Here is agood joke I got from another site.  You know it has to be a joke because Al Tracy is in heaven.

                Al Tracy dies and to his surprise goes to heaven- 
                the first thing he does is grab an Angel and ask: 
                "Is Ed Parker here too?" 
                The Angel goes "why, no he's not" -- 
                Al's so happy cause he can finally exist without the 
                shadow of Ed Parker looming over him- so he's 
                wandering along in the clouds whistling a tune when 
                suddenly he hears all this whiz bang popping going on 
                -he races over to the sounds and sees on a cloud near 
                by, this big guy jumping and flashing the most awesome 
                Kenpo techniques he's ever witnessed- his heart sinks 
                and he looks over at an angel and says: 
                "damn, they told me that Ed Parker wasn't here!" 
                the angel looks over at the big guy and says.............. 
                "Oh that ain't Ed Parker- that's God... he just thinks 
                he's Ed Parker"   -- Richard Steele


----------



## Rob_Broad (Jan 15, 2002)

I love that story Gou, when you have another one pop into your mind please share.
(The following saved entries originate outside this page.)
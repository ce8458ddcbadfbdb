-- ===== src/Resolver/Order.antt =====
-- TopSort on the new services, whose names orders_ does not hold yet.
use white_board_server.Prelude.{
  ◌≡◌, ◌≤◌, refl, Bool, false, some, List, [], ◌∷◌, map, arith, All, length, sym, ap, subst, ◌∙◌,
}
use white_board_server.Prelude.Int.{ℤ, pos}
use white_board_server.Containers.Ord.{Bytes, bytes_ord}
use white_board_server.Containers.Set.{contains}
use white_board_server.Containers.Map.{Map, keys}
use white_board_server.Resolver.{
  Service, Row, has_edge, count_edges, names, new_rows, count_out, top_sort,
}
use white_board_server.Resolver.Waiting.{IsDistinct, FitsAt, Fits, waiting}
use white_board_server.Resolver.Sorting.{Sorted, sort_rounds-Sorted}

names-new_rows : (services : Map Bytes Service) → names (new_rows services) ≡ keys services
names-new_rows [] = refl
names-new_rows ((key, s) ∷ rest) = ap (λ l. key ∷ l) (names-new_rows rest)

names-count :
    (f : Row → ℤ) (rows : List Row)
    → names (map (λ (r : Row). record r { out = f r }) rows) ≡ names rows
names-count f [] = refl
names-count f (r ∷ rest) = ap (λ l. r.name ∷ l) (names-count f rest)

count_edges-waiting :
    (done : List Bytes) (r : Row) (z : ℤ) (all : List Bytes)
    → All (λ n. contains n done ≡ false) all
    → count_edges r all ≡ waiting done (record r { out = z }) all
unfolding count_edges waiting has_edge
count_edges-waiting done r z [] h = refl
count_edges-waiting done r z (n ∷ rest) h =
    ground (arith, h.0, count_edges-waiting done r z rest h.1)

counted-Fits :
    (done all : List Bytes) (rows : List Row)
    → All (λ n. contains n done ≡ false) all
    → All (λ n. contains n done ≡ false) (names rows)
    → All (Fits done all) (map (λ (r : Row). record r { out = pos (count_edges r all) }) rows)
unfolding Fits FitsAt
counted-Fits done all [] h k = tt
counted-Fits done all (r ∷ rest) h k = (
  (count_edges-waiting done r (pos (count_edges r all)) all h, k.0),
  counted-Fits done all rest h k.1,
)

names-count_out : (rows : List Row) → names (count_out rows) ≡ names rows
unfolding count_out
names-count_out rows = names-count (λ r. pos (count_edges r (names rows))) rows

count_out-Fits :
    (done : List Bytes) (rows : List Row)
    → All (λ n. contains n done ≡ false) (names rows)
    → All (Fits done (names (count_out rows))) (count_out rows)
unfolding count_out
count_out-Fits done rows h =
    subst (λ l. All (Fits done l) (count_out rows)) (sym (names-count_out rows))
      (counted-Fits done (names rows) rows h h)

pub top_sort-Sorted :
    (services : Map Bytes Service) (orders : List Bytes)
    → IsDistinct (keys services)
    → All (λ n. contains n orders ≡ false) (keys services)
    → length services ≤ 256
    → (r : Bool × List Bytes) × (top_sort services orders ≡ some r)
      × Sorted (length services) (count_out (new_rows services)) orders r
unfolding top_sort
top_sort-Sorted services orders d fresh small = (
  _,
  ground (arith, small),
  sort_rounds-Sorted (length services) (count_out (new_rows services)) orders
      (subst IsDistinct (sym same) d)
      (count_out-Fits orders (new_rows services)
        (subst (All (λ n. contains n orders ≡ false)) (sym (names-new_rows services)) fresh)),
)
  where
    same : names (count_out (new_rows services)) ≡ keys services
    same = names-count_out (new_rows services) ∙ names-new_rows services
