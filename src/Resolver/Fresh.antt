-- ===== src/Resolver/Fresh.antt =====
-- What GetNewServices leaves out, and what LoadInitSort returns.
use white_board_server.Prelude.{
  ℕ, ◌≡◌, ◌≤◌, refl, Bool, true, false, some, List, [], ◌∷◌, ◌++◌, arith, All, ◌⊎◌, inl, inr,
  length, Bool-cases, drop-length_append,
}
use white_board_server.Containers.Ord.{Bytes, bytes_ord}
use white_board_server.Containers.Set.{contains}
use white_board_server.Containers.Map.{Map, keys}
use white_board_server.Resolver.{
  Service, Row, new_rows, count_out, top_sort, get_new_services, load_init_sort,
}
use white_board_server.Resolver.Waiting.{IsDistinct}
use white_board_server.Resolver.Sorting.{IsOrder, IsBlocked, Sorted}
use white_board_server.Resolver.Order.{top_sort-Sorted}

length-get_new_services-le :
    (services : Map Bytes Service) (orders : List Bytes)
    → length (get_new_services services orders) ≤ length services
unfolding get_new_services
length-get_new_services-le [] orders = omega arith
length-get_new_services-le ((key, s) ∷ rest) orders =
    ground (arith, length-get_new_services-le rest orders)

get_new_services-fresh :
    (services : Map Bytes Service) (orders : List Bytes)
    → All (λ n. contains n orders ≡ false) (keys (get_new_services services orders))
unfolding get_new_services
get_new_services-fresh [] orders = tt
get_new_services-fresh ((key, s) ∷ rest) orders = elim (Bool-cases (contains key orders)) [
  | inl e ↦ rw e (get_new_services-fresh rest orders)
  | inr e ↦ rw e (e, get_new_services-fresh rest orders)
]

get_new_services_absent :
    (n : Bytes) (services : Map Bytes Service) (orders : List Bytes)
    → contains n (keys services) ≡ false
    → contains n (keys (get_new_services services orders)) ≡ false
unfolding get_new_services contains
get_new_services_absent n [] orders h = refl
get_new_services_absent n ((key, s) ∷ rest) orders h =
    ground (arith, h, get_new_services_absent n rest orders)

get_new_services-IsDistinct :
    (services : Map Bytes Service) (orders : List Bytes)
    → IsDistinct (keys services)
    → IsDistinct (keys (get_new_services services orders))
unfolding get_new_services IsDistinct
get_new_services-IsDistinct [] orders d = tt
get_new_services-IsDistinct ((key, s) ∷ rest) orders d = elim (Bool-cases (contains key orders)) [
  | inl e ↦ rw e (get_new_services-IsDistinct rest orders d.1)
  | inr e ↦
      rw e
        (get_new_services_absent key rest orders d.0, get_new_services-IsDistinct rest orders d.1)
]

-- What LoadInitSort returns and leaves in orders_: the names of all new services in an order that
-- respects what they depend on, or nothing, with those that were placed before the block.
unfoldable pub Loaded : List Row → ℕ → List Bytes → List Bytes × List Bytes → Type 0
Loaded rows rounds orders (new, orders') =
    ((orders' ≡ orders ++ new) × IsOrder rows orders new × (length new ≡ rounds))
    ⊎ ((new ≡ []) × IsBlocked rows orders')

Loaded-sort :
    (services : Map Bytes Service) (orders : List Bytes) (rows : List Row) (r : Bool × List Bytes)
    → top_sort (get_new_services services orders) orders ≡ some r
    → Sorted (length (get_new_services services orders)) rows orders r
    → (l : List Bytes × List Bytes) × (load_init_sort services orders ≡ some l)
      × Loaded rows (length (get_new_services services orders)) orders l
unfolding load_init_sort Sorted Loaded
Loaded-sort services orders rows (true, orders') e (new, f, order, count) =
    ((new, orders'), ground (arith, e, f, drop-length_append orders new), inl (f, order, count))
Loaded-sort services orders rows (false, orders') e (new, f, order, block) =
    (([], orders'), ground (arith, e), inr (refl, block))

pub load_init_sort-Loaded :
    (services : Map Bytes Service) (orders : List Bytes)
    → IsDistinct (keys services)
    → length services ≤ 256
    → (l : List Bytes × List Bytes) × (load_init_sort services orders ≡ some l)
      × Loaded
          (count_out (new_rows (get_new_services services orders)))
          (length (get_new_services services orders))
          orders
          l
load_init_sort-Loaded services orders d small =
    let (r, e, sorted) =
      top_sort-Sorted (get_new_services services orders) orders
        (get_new_services-IsDistinct services orders d) (get_new_services-fresh services orders)
        (omega (arith, length-get_new_services-le services orders, small)) in
    Loaded-sort services orders (count_out (new_rows (get_new_services services orders))) r e sorted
Did you ever about Joe Palanzo's green belt test.  It was at a tournament up in the hotel room.  Joe did all his stuff and they were running late,  So Joe did all his stuff and was promoted, in the elevator on the way down to the tournament Ed parker remembered he did not give Joe the ceremonial Kick.  There wasn't enough room for the kick so SGM Parker decide to use his fist instead.  Palanzo braced himself and just as the punch struck the elevator jerked and Palanzo was barely touched.  Master parker said we will have to do it again, and Palanzo quickly state that lightning does not strike the same place twice so he got off lucky.


----------



## Jay Bell (Jan 15, 2002)

"The pains of birth"...ahh the memories


----------



## Jim M (Jan 18, 2002)

Joe Palanzo's Green Belt Test!?  That must have been a century ago when Joe still had hair.  Sounds Like Joe Palanzo though.

Jim


----------



## Jim M (Jan 18, 2002)

My first instructor had been studying Kenpo for more than 6 years when he first had the opportunity to attend one of Mr. Parker's seminars.  Paul, my instructor (and actually my oldest friend) was so amazed to see Mr. Parker after all these years that he just stood there while everyone else warmed up practicing blocks.  Mr. Parker came behind Paul and started moving his arms for the correct blocks.

Jim


----------



## GouRonin (Jan 18, 2002)

...is exactly WHY Ed Parker was so great.
:asian:


----------



## Kirk (Jan 20, 2002)

I took my wife to a belt test, when I wasn't testing.  I didn't
tell her anything about how the testing worked, so she'd ask
questions as things went along, and I told what it was, etc.
The first funny thing was these 2 guys testing for brown. 
She felt sorry for them, cause they didn't get a break LOL .. she
wanted to bring them some water.  I was like "Don't you dare!"
heheheheh

The second funny thing is the expression on her face when she
saw the ceremonial kick.  I thought I was gonna have to pick
her eyes up off the floor, it was TOO funny.  She said she 
didn't wanna see me get promoted ever ROFL.


----------



## GouRonin (Jan 25, 2002)

My wife refused to watch me box. Absolutley refused. I managed to drag her to a Kenpo class at a school I used to frequent. That day we were working on multiple attacker sparring.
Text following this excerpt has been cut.